## Assignment
The listing that follows is to be output in full and without change.

Top of Material shown

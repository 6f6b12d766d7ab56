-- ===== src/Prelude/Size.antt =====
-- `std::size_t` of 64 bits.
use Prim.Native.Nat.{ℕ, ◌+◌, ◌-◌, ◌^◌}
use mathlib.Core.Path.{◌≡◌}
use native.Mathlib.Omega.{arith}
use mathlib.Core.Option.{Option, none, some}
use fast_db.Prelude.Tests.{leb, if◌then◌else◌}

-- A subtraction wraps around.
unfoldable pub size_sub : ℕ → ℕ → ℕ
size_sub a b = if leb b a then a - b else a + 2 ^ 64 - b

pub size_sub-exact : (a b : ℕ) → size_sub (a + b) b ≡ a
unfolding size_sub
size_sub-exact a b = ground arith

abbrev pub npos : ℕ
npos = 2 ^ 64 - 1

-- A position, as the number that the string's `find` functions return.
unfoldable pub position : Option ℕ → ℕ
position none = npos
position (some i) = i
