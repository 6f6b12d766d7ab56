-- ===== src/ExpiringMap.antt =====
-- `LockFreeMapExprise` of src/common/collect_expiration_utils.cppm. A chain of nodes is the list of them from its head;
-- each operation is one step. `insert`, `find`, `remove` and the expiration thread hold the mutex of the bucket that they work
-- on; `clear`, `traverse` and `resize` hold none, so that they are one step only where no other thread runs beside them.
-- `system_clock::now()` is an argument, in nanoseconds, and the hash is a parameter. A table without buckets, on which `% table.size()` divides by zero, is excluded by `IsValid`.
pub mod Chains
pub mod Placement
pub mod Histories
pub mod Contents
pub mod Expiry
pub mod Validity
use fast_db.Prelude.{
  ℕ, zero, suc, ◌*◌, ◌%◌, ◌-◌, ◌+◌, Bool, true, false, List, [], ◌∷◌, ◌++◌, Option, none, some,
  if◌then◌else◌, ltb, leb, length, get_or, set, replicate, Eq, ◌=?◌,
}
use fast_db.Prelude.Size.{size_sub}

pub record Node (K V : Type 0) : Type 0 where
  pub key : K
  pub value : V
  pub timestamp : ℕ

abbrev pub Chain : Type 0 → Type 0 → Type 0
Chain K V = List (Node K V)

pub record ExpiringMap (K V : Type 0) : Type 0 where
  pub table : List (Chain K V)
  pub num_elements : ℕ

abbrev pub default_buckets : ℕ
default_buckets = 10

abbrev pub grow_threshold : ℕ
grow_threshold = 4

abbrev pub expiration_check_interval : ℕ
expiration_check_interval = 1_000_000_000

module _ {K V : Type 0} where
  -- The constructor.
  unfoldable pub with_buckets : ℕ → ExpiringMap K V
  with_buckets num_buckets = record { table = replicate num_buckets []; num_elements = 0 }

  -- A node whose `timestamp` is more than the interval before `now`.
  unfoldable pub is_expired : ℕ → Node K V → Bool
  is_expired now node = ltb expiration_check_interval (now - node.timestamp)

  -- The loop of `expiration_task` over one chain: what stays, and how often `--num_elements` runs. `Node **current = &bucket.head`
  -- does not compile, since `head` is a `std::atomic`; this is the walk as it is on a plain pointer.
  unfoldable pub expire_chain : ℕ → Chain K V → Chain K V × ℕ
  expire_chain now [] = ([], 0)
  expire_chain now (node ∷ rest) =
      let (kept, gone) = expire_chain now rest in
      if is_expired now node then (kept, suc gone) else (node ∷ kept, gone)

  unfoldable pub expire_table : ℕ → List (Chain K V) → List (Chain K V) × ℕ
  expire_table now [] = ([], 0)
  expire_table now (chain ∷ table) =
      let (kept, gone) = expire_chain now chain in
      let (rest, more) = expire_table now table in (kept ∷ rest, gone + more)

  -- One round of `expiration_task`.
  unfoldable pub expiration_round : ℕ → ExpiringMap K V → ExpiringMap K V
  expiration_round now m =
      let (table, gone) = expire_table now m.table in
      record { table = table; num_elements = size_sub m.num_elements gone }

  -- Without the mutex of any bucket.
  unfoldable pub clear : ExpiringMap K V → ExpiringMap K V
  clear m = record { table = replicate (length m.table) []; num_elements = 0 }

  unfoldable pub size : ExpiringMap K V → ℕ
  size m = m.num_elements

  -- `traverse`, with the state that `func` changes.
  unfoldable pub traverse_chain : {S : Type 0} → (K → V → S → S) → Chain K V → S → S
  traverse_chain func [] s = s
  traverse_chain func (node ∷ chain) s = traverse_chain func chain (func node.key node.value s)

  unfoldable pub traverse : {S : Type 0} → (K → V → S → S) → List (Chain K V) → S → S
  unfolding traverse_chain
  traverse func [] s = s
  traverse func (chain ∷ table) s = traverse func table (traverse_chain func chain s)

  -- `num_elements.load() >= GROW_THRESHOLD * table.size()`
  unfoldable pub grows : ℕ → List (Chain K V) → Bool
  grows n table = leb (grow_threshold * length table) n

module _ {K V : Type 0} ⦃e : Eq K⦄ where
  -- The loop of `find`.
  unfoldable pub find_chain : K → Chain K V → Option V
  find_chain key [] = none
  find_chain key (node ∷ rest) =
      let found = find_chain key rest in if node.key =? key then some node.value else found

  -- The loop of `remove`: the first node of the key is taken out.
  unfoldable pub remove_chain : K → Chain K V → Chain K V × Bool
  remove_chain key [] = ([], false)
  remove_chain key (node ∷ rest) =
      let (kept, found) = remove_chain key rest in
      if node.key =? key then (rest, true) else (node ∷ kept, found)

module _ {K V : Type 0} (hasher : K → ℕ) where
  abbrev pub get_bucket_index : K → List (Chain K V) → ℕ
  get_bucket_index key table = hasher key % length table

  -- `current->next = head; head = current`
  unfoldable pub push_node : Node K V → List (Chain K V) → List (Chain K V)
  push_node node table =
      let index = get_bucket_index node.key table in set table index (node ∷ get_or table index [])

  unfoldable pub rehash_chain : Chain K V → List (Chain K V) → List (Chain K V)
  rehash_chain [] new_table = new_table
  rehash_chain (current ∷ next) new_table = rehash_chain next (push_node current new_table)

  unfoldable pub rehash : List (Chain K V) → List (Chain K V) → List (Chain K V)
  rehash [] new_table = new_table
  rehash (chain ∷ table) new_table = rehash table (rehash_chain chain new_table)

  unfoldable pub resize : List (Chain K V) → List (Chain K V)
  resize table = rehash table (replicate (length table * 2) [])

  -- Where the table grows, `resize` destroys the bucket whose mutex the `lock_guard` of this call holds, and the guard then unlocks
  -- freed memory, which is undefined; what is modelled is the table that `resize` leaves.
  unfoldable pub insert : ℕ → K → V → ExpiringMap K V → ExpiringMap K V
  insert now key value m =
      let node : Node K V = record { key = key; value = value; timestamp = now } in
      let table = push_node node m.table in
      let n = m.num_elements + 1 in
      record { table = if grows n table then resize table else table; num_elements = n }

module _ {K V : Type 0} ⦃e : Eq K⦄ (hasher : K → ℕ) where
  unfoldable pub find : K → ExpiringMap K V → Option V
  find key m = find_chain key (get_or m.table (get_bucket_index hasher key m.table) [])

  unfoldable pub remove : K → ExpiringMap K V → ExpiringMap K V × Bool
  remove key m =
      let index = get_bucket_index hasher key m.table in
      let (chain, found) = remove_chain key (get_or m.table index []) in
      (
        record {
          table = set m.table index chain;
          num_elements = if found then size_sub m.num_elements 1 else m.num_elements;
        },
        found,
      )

Bottom of Material shown

## Answer area
repository 6f6b12d766d7ab56
-- ===== src/Prelude/Size.antt =====
-- `std::size_t` of 64 bits.
use Prim.Native.Nat.{ℕ, ◌+◌, ◌-◌, ◌^◌}
use mathlib.Core.Path.{◌≡◌}
use native.Mathlib.Omega.{arith}
use mathlib.Core.Option.{Option, none, some}
use fast_db.Prelude.Tests.{leb, if◌then◌else◌}

-- A subtraction wraps around.
unfoldable pub size_sub : ℕ → ℕ → ℕ
size_sub a b = if leb b a then a - b else a + 2 ^ 64 - b

pub size_sub-exact : (a b : ℕ) → size_sub (a + b) b ≡ a
unfolding size_sub
size_sub-exact a b = ground arith

abbrev pub npos : ℕ
npos = 2 ^ 64 - 1

-- A position, as the number that the string's `find` functions return.
unfoldable pub position : Option ℕ → ℕ
position none = npos
position (some i) = i
repository 6f6b12d766d7ab56
-- ===== src/ExpiringMap.antt =====
-- `LockFreeMapExprise` of src/common/collect_expiration_utils.cppm. A chain of nodes is the list of them from its head;
-- each operation is one step. `insert`, `find`, `remove` and the expiration thread hold the mutex of the bucket that they work
-- on; `clear`, `traverse` and `resize` hold none, so that they are one step only where no other thread runs beside them.
-- `system_clock::now()` is an argument, in nanoseconds, and the hash is a parameter. A table without buckets, on which `% table.size()` divides by zero, is excluded by `IsValid`.
pub mod Chains
pub mod Placement
pub mod Histories
pub mod Contents
pub mod Expiry
pub mod Validity
use fast_db.Prelude.{
  ℕ, zero, suc, ◌*◌, ◌%◌, ◌-◌, ◌+◌, Bool, true, false, List, [], ◌∷◌, ◌++◌, Option, none, some,
  if◌then◌else◌, ltb, leb, length, get_or, set, replicate, Eq, ◌=?◌,
}
use fast_db.Prelude.Size.{size_sub}

pub record Node (K V : Type 0) : Type 0 where
  pub key : K
  pub value : V
  pub timestamp : ℕ

abbrev pub Chain : Type 0 → Type 0 → Type 0
Chain K V = List (Node K V)

pub record ExpiringMap (K V : Type 0) : Type 0 where
  pub table : List (Chain K V)
  pub num_elements : ℕ

abbrev pub default_buckets : ℕ
default_buckets = 10

abbrev pub grow_threshold : ℕ
grow_threshold = 4

abbrev pub expiration_check_interval : ℕ
expiration_check_interval = 1_000_000_000

module _ {K V : Type 0} where
  -- The constructor.
  unfoldable pub with_buckets : ℕ → ExpiringMap K V
  with_buckets num_buckets = record { table = replicate num_buckets []; num_elements = 0 }

  -- A node whose `timestamp` is more than the interval before `now`.
  unfoldable pub is_expired : ℕ → Node K V → Bool
  is_expired now node = ltb expiration_check_interval (now - node.timestamp)

  -- The loop of `expiration_task` over one chain: what stays, and how often `--num_elements` runs. `Node **current = &bucket.head`
  -- does not compile, since `head` is a `std::atomic`; this is the walk as it is on a plain pointer.
  unfoldable pub expire_chain : ℕ → Chain K V → Chain K V × ℕ
  expire_chain now [] = ([], 0)
  expire_chain now (node ∷ rest) =
      let (kept, gone) = expire_chain now rest in
      if is_expired now node then (kept, suc gone) else (node ∷ kept, gone)

  unfoldable pub expire_table : ℕ → List (Chain K V) → List (Chain K V) × ℕ
  expire_table now [] = ([], 0)
  expire_table now (chain ∷ table) =
      let (kept, gone) = expire_chain now chain in
      let (rest, more) = expire_table now table in (kept ∷ rest, gone + more)

  -- One round of `expiration_task`.
  unfoldable pub expiration_round : ℕ → ExpiringMap K V → ExpiringMap K V
  expiration_round now m =
      let (table, gone) = expire_table now m.table in
      record { table = table; num_elements = size_sub m.num_elements gone }

  -- Without the mutex of any bucket.
  unfoldable pub clear : ExpiringMap K V → ExpiringMap K V
  clear m = record { table = replicate (length m.table) []; num_elements = 0 }

  unfoldable pub size : ExpiringMap K V → ℕ
  size m = m.num_elements

  -- `traverse`, with the state that `func` changes.
  unfoldable pub traverse_chain : {S : Type 0} → (K → V → S → S) → Chain K V → S → S
  traverse_chain func [] s = s
  traverse_chain func (node ∷ chain) s = traverse_chain func chain (func node.key node.value s)

  unfoldable pub traverse : {S : Type 0} → (K → V → S → S) → List (Chain K V) → S → S
  unfolding traverse_chain
  traverse func [] s = s
  traverse func (chain ∷ table) s = traverse func table (traverse_chain func chain s)

  -- `num_elements.load() >= GROW_THRESHOLD * table.size()`
  unfoldable pub grows : ℕ → List (Chain K V) → Bool
  grows n table = leb (grow_threshold * length table) n

module _ {K V : Type 0} ⦃e : Eq K⦄ where
  -- The loop of `find`.
  unfoldable pub find_chain : K → Chain K V → Option V
  find_chain key [] = none
  find_chain key (node ∷ rest) =
      let found = find_chain key rest in if node.key =? key then some node.value else found

  -- The loop of `remove`: the first node of the key is taken out.
  unfoldable pub remove_chain : K → Chain K V → Chain K V × Bool
  remove_chain key [] = ([], false)
  remove_chain key (node ∷ rest) =
      let (kept, found) = remove_chain key rest in
      if node.key =? key then (rest, true) else (node ∷ kept, found)

module _ {K V : Type 0} (hasher : K → ℕ) where
  abbrev pub get_bucket_index : K → List (Chain K V) → ℕ
  get_bucket_index key table = hasher key % length table

  -- `current->next = head; head = current`
  unfoldable pub push_node : Node K V → List (Chain K V) → List (Chain K V)
  push_node node table =
      let index = get_bucket_index node.key table in set table index (node ∷ get_or table index [])

  unfoldable pub rehash_chain : Chain K V → List (Chain K V) → List (Chain K V)
  rehash_chain [] new_table = new_table
  rehash_chain (current ∷ next) new_table = rehash_chain next (push_node current new_table)

  unfoldable pub rehash : List (Chain K V) → List (Chain K V) → List (Chain K V)
  rehash [] new_table = new_table
  rehash (chain ∷ table) new_table = rehash table (rehash_chain chain new_table)

  unfoldable pub resize : List (Chain K V) → List (Chain K V)
  resize table = rehash table (replicate (length table * 2) [])

  -- Where the table grows, `resize` destroys the bucket whose mutex the `lock_guard` of this call holds, and the guard then unlocks
  -- freed memory, which is undefined; what is modelled is the table that `resize` leaves.
  unfoldable pub insert : ℕ → K → V → ExpiringMap K V → ExpiringMap K V
  insert now key value m =
      let node : Node K V = record { key = key; value = value; timestamp = now } in
      let table = push_node node m.table in
      let n = m.num_elements + 1 in
      record { table = if grows n table then resize table else table; num_elements = n }

module _ {K V : Type 0} ⦃e : Eq K⦄ (hasher : K → ℕ) where
  unfoldable pub find : K → ExpiringMap K V → Option V
  find key m = find_chain key (get_or m.table (get_bucket_index hasher key m.table) [])

  unfoldable pub remove : K → ExpiringMap K V → ExpiringMap K V × Bool
  remove key m =
      let index = get_bucket_index hasher key m.table in
      let (chain, found) = remove_chain key (get_or m.table index []) in
      (
        record {
          table = set m.table index chain;
          num_elements = if found then size_sub m.num_elements 1 else m.num_elements;
        },
        found,
      )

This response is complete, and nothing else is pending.